The loop in cache-tree's update_one iterates over all the
entries in the index. For each one, we find the cache-tree
subtree which represents our path (creating it if
necessary), and then recurse into update_one again. The
return value we get is the number of index entries that
belonged in that subtree. So for example, with entries:
a/one
a/two
b/one
We start by processing the first entry, "a/one". We would
find the subtree for "a" and recurse into update_one. That
would then handle "a/one" and "a/two", and return the value
2. The parent function then skips past the 2 handled
entries, and we continue by processing "b/one".
If the recursed-into update_one ever returns 0, then we make
no forward progress in our loop. We would process "a/one"

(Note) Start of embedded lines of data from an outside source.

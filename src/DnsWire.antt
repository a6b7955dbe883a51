-- ===== src/DnsWire.antt =====
-- Package internal/dnswire: parsing and building DNS messages.
pub mod Errors
pub mod Labels
pub mod Name
pub mod Header
pub mod Record
pub mod Rdata
pub mod Scanner
pub mod Message
pub mod Template
pub mod Build
pub mod Samples
mod Tests
mod ReplyTests
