-- A count of records is written.
counted-Answers :
    (q : Question) (reply : Reply) (additionals : ℕ) (p : List ℕ)
    → 12 ≤ length p
    → Answers q reply 0 additionals p
    → Answers q reply 1 additionals (write16 p 6 1)
counted-Answers q reply additionals p h a =
    let same : (k : ℕ) → (k + 2 ≤ 6) ⊎ (8 ≤ k) → word (write16 p 6 1) k ≡ word p k =
      λ k w. word-write16_outside p 6 1 k w in
    record {
      id = same 0 (inl (omega arith)) ∙ a.id;
      flags = subst (IsFlagged q.header.flags reply) (sym (same 2 (inl (omega arith)))) a.flags;
      questions = same 4 (inl (omega arith)) ∙ a.questions;
      answered = word-write16 p 6 1 (omega arith);
      authorities = same 8 (inr (omega arith)) ∙ a.authorities;
      added = same 10 (inr (omega arith)) ∙ a.added;
      name = λ k lt.
          byte-write16_outside p 6 1 (12 + k) (λ x. omega (arith, x)) (λ x. omega (arith, x))
          ∙ a.name k lt;
      qtype = same (12 + length q.name.wire) (inr (omega arith)) ∙ a.qtype;
      qclass = same (14 + length q.name.wire) (inr (omega arith)) ∙ a.qclass;
    }

extended-Answers :
    (q : Question) (reply : Reply) (answers : ℕ) (p : List ℕ)
    → 12 ≤ length p
    → Answers q reply answers 0 p
    → Answers q reply answers 1 (write16 p 10 1)
extended-Answers q reply answers p h a =
    let same : (k : ℕ) → (k + 2 ≤ 10) ⊎ (12 ≤ k) → word (write16 p 10 1) k ≡ word p k =
      λ k w. word-write16_outside p 10 1 k w in
    record {
      id = same 0 (inl (omega arith)) ∙ a.id;
      flags = subst (IsFlagged q.header.flags reply) (sym (same 2 (inl (omega arith)))) a.flags;
      questions = same 4 (inl (omega arith)) ∙ a.questions;
      answered = same 6 (inl (omega arith)) ∙ a.answered;
      authorities = same 8 (inl (omega arith)) ∙ a.authorities;
      added = word-write16 p 10 1 (omega arith);
      name = λ k lt.
          byte-write16_outside p 10 1 (12 + k) (λ x. omega (arith, x)) (λ x. omega (arith, x))
          ∙ a.name k lt;
      qtype = same (12 + length q.name.wire) (inr (omega arith)) ∙ a.qtype;
      qclass = same (14 + length q.name.wire) (inr (omega arith)) ∙ a.qclass;
    }

module _ (low high : ℕ) (p₀ : List ℕ) (fits : high ≤ length p₀) where
  then_put16 :
      {A : Type 0} (P : A → Type 0) (p : List ℕ) (off v : ℕ) (f : List ℕ → Result WireError A)
      → Frozen low high p₀ p
      → Allowed low high off 2
      → ((p' : List ℕ) → Frozen low high p₀ p' → Returns P (f p'))
      → Returns P (put16 p off v >>= f)
  then_put16 P p off v f k a rest =
      Returns-bind P (Frozen low high p₀) (put16 p off v) f
        (put16-Frozen low high p₀ fits p off v k a) λ p' e k'. rest p' k'

-- The records are written behind the question; only their count is in the header.
put_answer-Frozen :
    (low high : ℕ) (p : List ℕ) (off size : ℕ) (q : Question) (reply : Reply)
    → 12 ≤ low
    → high ≤ length p
    → low ≤ off
    → off + 12 ≤ high
    → Returns (Frozen low high (write16 p 6 1)) (put_answer p off q reply size)
unfolding put_answer
put_answer-Frozen low high p off size q reply le fits lo hi =
    let d = write16 p 6 1 in
    let d_len = length-write16 p 6 1 in
    let Kept = Frozen low high d in
    let one = put16_lem p 6 1 (omega arith) in
    let room : high ≤ length d = omega (arith, d_len) in
    rw one (
      then_put16 low high d room Kept d off 0xc00c _ (refl, λ k w. refl) (omega arith, omega arith)
        λ p k.
          then_put16 low high d room Kept p (off + 2) q.qtype _ k (omega arith, omega arith)
            λ p k.
              then_put16 low high d room Kept p (off + 4) 1 _ k (omega arith, omega arith)
                λ p k.
                  Returns-bind Kept Kept (put32 p (off + 6) (reply.ttl % 2 ^ 32)) _
                    (put32-Frozen low high d room p (off + 6) (reply.ttl % 2 ^ 32) k
                      (omega arith, omega arith))
                    λ p e k.
                      put16-Frozen low high d room p (off + 10) size k (omega arith, omega arith))

put_opt-Frozen :
    (low high : ℕ) (p : List ℕ) (off limit : ℕ) (e : Edns) (reply : Reply)
    → 12 ≤ low
    → high ≤ length p
    → low ≤ off
    → off + 11 ≤ high
    → Returns (Frozen low high (write16 p 10 1)) (put_opt p off e reply limit)
unfolding put_opt
put_opt-Frozen low high p off limit e reply le fits lo hi =
    let d = write16 p 10 1 in
    let d_len = length-write16 p 10 1 in
    let Kept = Frozen low high d in
    let one = put16_lem p 10 1 (omega arith) in
    let room : high ≤ length d = omega (arith, d_len) in
    rw one (
      then_put16 low high d room Kept d (off + 1) 41 _ (refl, λ k w. refl)
        (omega arith, omega arith)
        λ p k.
          then_put16 low high d room Kept p (off + 3) _ _ k (omega arith, omega arith)
            λ p k.
              Returns-bind Kept Kept (put8 p (off + 5) (reply.rcode / 16)) _
                (put8-Frozen low high d room p (off + 5) (reply.rcode / 16) k
                  (omega arith, omega arith))
                λ p h k.
                  Returns-if Kept e.dnssec_ok (put16 p (off + 7) 0x8000) (ok p)
                    (λ _.
                      put16-Frozen low high d room p (off + 7) 0x8000 k (omega arith, omega arith))
                    (λ _. k))

put_question-asked :
    (p : List ℕ) (q : Question) (reply : Reply)
    → 16 + length q.name.wire ≤ length p
    → put_question p q reply ≡ ok (asked p q reply)
unfolding put_question
put_question-asked p q reply fits =
    let n = length q.name.wire in
    let flags = reply_flags q.header.flags reply in
    let a = write16 p 0 q.header.id in
    let b = write16 a 2 flags in
    let d = named p q reply in
    let a_len = length-write16 p 0 q.header.id in
    let b_len = length-write16 a 2 flags in
    let d_len = length-named p q reply in
    let e_len = length-write16 d (16 + n - 4) q.qtype in
    let one = put16_lem p 0 q.header.id (omega arith) in
    let two = put16_lem a 2 flags (omega (arith, a_len)) in
    let three = put16_lem b 4 1 (omega (arith, a_len, b_len)) in
    let four = put16_lem d (16 + n - 4) q.qtype (omega (arith, d_len)) in
    let five =
      put16_lem (write16 d (16 + n - 4) q.qtype) (16 + n - 2) q.qclass
        (omega (arith, d_len, e_len)) in
    rw (one, two, three, four) five

-- The size of the answer of a null reply: a record of four or sixteen bytes of zeros, for an address
-- of class IN that is asked for without an error.
abbrev pub answer_size : Question → Reply → ℕ
answer_size q reply =
    if reply.null_answer && not reply.truncated && reply.rcode == 0 && q.qclass == 1
    then if q.qtype == 1 then 16 else if q.qtype == 28 then 28 else 0
    else 0

null_size-answer_size :
    (q : Question) (reply : Reply)
    → (if ltb 0 (null_size q reply) then 12 + null_size q reply else 0) ≡ answer_size q reply
unfolding null_size
null_size-answer_size q reply = ground arith

null_size_some :
    (q : Question) (reply : Reply) → ltb 0 (null_size q reply) ≡ ltb 0 (answer_size q reply)
unfolding null_size
null_size_some q reply = ground arith

-- A record or none.
abbrev pub one_if : Bool → ℕ
one_if b = if b then 1 else 0

-- What a built reply is, for a buffer `dst`: the first `n` bytes of `p` are the reply and the rest
-- of the buffer is as before.
pub record IsReply (dst : List ℕ) (m : Message) (reply : Reply) (r : ℕ × List ℕ) : Type 0 where
  pub size :
      r.0
      ≡ 16
        + length m.question.name.wire
        + answer_size m.question reply
        + (if m.edns.present then 11 else 0)
  pub inside : r.0 ≤ length dst
  pub length_kept : length r.1 ≡ length dst
  pub rest_kept : (k : ℕ) → r.0 ≤ k → byte r.1 k ≡ byte dst k
  pub answers :
      Answers m.question reply
        (one_if (ltb 0 (answer_size m.question reply)))
        (one_if m.edns.present)
        r.1

-- A stage of the writing, with the counts so far.
abbrev Stage : List ℕ → ℕ → Question → Reply → ℕ → ℕ → List ℕ → Type 0
Stage dst size q reply answers additionals p =
    (length p ≡ length dst)
    × ((k : ℕ) → size ≤ k → byte p k ≡ byte dst k)
    × Answers q reply answers additionals p

asked_rest :
    (p : List ℕ) (q : Question) (reply : Reply) (k : ℕ)
    → 16 + length q.name.wire ≤ k
    → byte (asked p q reply) k ≡ byte p k
asked_rest p q reply k h =
    let flags = reply_flags q.header.flags reply in
    byte-write16_outside _ _ q.qclass k (λ e. omega (arith, e)) (λ e. omega (arith, e))
    ∙ byte-write16_outside _ _ q.qtype k (λ e. omega (arith, e)) (λ e. omega (arith, e))
    ∙ byte-overwrite_outside _ 12 q.name.wire k (inr (omega arith))
    ∙ byte-write16_outside _ 4 1 k (λ e. omega (arith, e)) (λ e. omega (arith, e))
    ∙ byte-write16_outside _ 2 flags k (λ e. omega (arith, e)) (λ e. omega (arith, e))
    ∙ byte-write16_outside p 0 q.header.id k (λ e. omega (arith, e)) (λ e. omega (arith, e))

length-replicate : (n v : ℕ) → length (replicate n v) ≡ n
length-replicate zero v = refl
length-replicate (suc n) v = ap suc (length-replicate n v)

byte-replicate : (n k : ℕ) → byte (replicate n 0) k ≡ 0
byte-replicate zero k = refl
byte-replicate (suc n) zero = refl
byte-replicate (suc n) (suc k) = byte-replicate n k

module _ (dst : List ℕ) (q : Question) (reply : Reply) (size : ℕ) (fits : size ≤ length dst)
    (room : 16 + length q.name.wire ≤ size) where
  abbrev cleared : List ℕ
  cleared = overwrite dst 0 (replicate size 0)

  asked-Stage : Stage dst size q reply 0 0 (asked cleared q reply)
  asked-Stage =
      let n = length-overwrite dst 0 (replicate size 0) in
      let r = length-replicate size 0 in
      (
        length-asked cleared q reply ∙ n,
        (λ k h.
            asked_rest cleared q reply k (omega arith)
            ∙ byte-overwrite_outside dst 0 (replicate size 0) k (inr (omega (arith, r)))),
        asked-Answers cleared q reply (omega (arith, n)) (λ k lt.
            let z : k ≡ 0 + k = omega arith in
            ap (byte cleared) z
            ∙ byte-overwrite_inside dst 0 (replicate size 0) k (omega (arith, r)) (omega (arith, r))
            ∙ byte-replicate size k),
      )

  put_answer-Stage :
      (p : List ℕ) (answer : ℕ)
      → 28 + length q.name.wire ≤ size
      → Stage dst size q reply 0 0 p
      → Returns (Stage dst size q reply 1 0) (put_answer p (16 + length q.name.wire) q reply answer)
  put_answer-Stage p answer enough (n, rest, a) =
      let low = 16 + length q.name.wire in
      let d_len = length-write16 p 6 1 in
      Returns-weaken (Frozen low size (write16 p 6 1)) (Stage dst size q reply 1 0)
        (put_answer p low q reply answer)
        (put_answer-Frozen low size p low answer q reply (omega arith) (omega (arith, n))
          (omega arith) (omega arith))
        λ p' f. (
          f.0 ∙ d_len ∙ n,
          λ k h.
              f.1 k (inr h)
              ∙ byte-write16_outside p 6 1 k (λ x. omega (arith, x)) (λ x. omega (arith, x))
              ∙ rest k h,
          Frozen-Answers q reply 1 0 low size (write16 p 6 1) p' (omega arith) f
              (counted-Answers q reply 0 p (omega (arith, n)) a),
        )

  put_opt-Stage :
      (p : List ℕ) (answers off limit : ℕ) (e : Edns)
      → 16 + length q.name.wire ≤ off
      → off + 11 ≤ size
      → Stage dst size q reply answers 0 p
      → Returns (Stage dst size q reply answers 1) (put_opt p off e reply limit)
  put_opt-Stage p answers off limit e lo hi (n, rest, a) =
      let low = 16 + length q.name.wire in
      let d_len = length-write16 p 10 1 in
      Returns-weaken (Frozen low size (write16 p 10 1)) (Stage dst size q reply answers 1)
        (put_opt p off e reply limit)
        (put_opt-Frozen low size p off limit e reply (omega arith) (omega (arith, n)) lo hi)
        λ p' f. (
          f.0 ∙ d_len ∙ n,
          λ k h.
              f.1 k (inr h)
              ∙ byte-write16_outside p 10 1 k (λ x. omega (arith, x)) (λ x. omega (arith, x))
              ∙ rest k h,
          Frozen-Answers q reply answers 1 low size (write16 p 10 1) p' (omega arith) f
              (extended-Answers q reply answers p (omega (arith, n)) a),
        )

over and over, infinitely.
This should not happen normally. Any subtree we create must
have at least one path in it (the one that we are
processing!). However, we may also reuse a cache-tree entry
we found in the on-disk index. For the same reason, this
should also never have zero entries. However, certain buggy
versions of libgit2 could produce such bogus cache-tree
records. The libgit2 bug has since been fixed, but it does
not hurt to protect ourselves against bogus input coming
from the on-disk data structures.
Note that this is not a die("BUG") or assert, because it is
not an internal bug, but rather a corrupted on-disk
structure. It's possible that we could even recover from it
(by throwing out the bogus cache-tree entry), but it is not
worth the effort; the important thing is that we report an
error instead of looping infinitely.
Signed-off-by: Jeff King <peff@xxxxxxxx>
---
I'm a little iffy on this just because it is fixing one particular bug,
and I am sure there are probably a bunch of other ways to have a bogus
index. Fundamentally, I think we pretty much trust that the index was
not maliciously generated (unlike packfiles, for instance, which can
come from elsewhere). Still, this is one step closer to safe, and the
bug was seen in the wild, so maybe it is worth doing.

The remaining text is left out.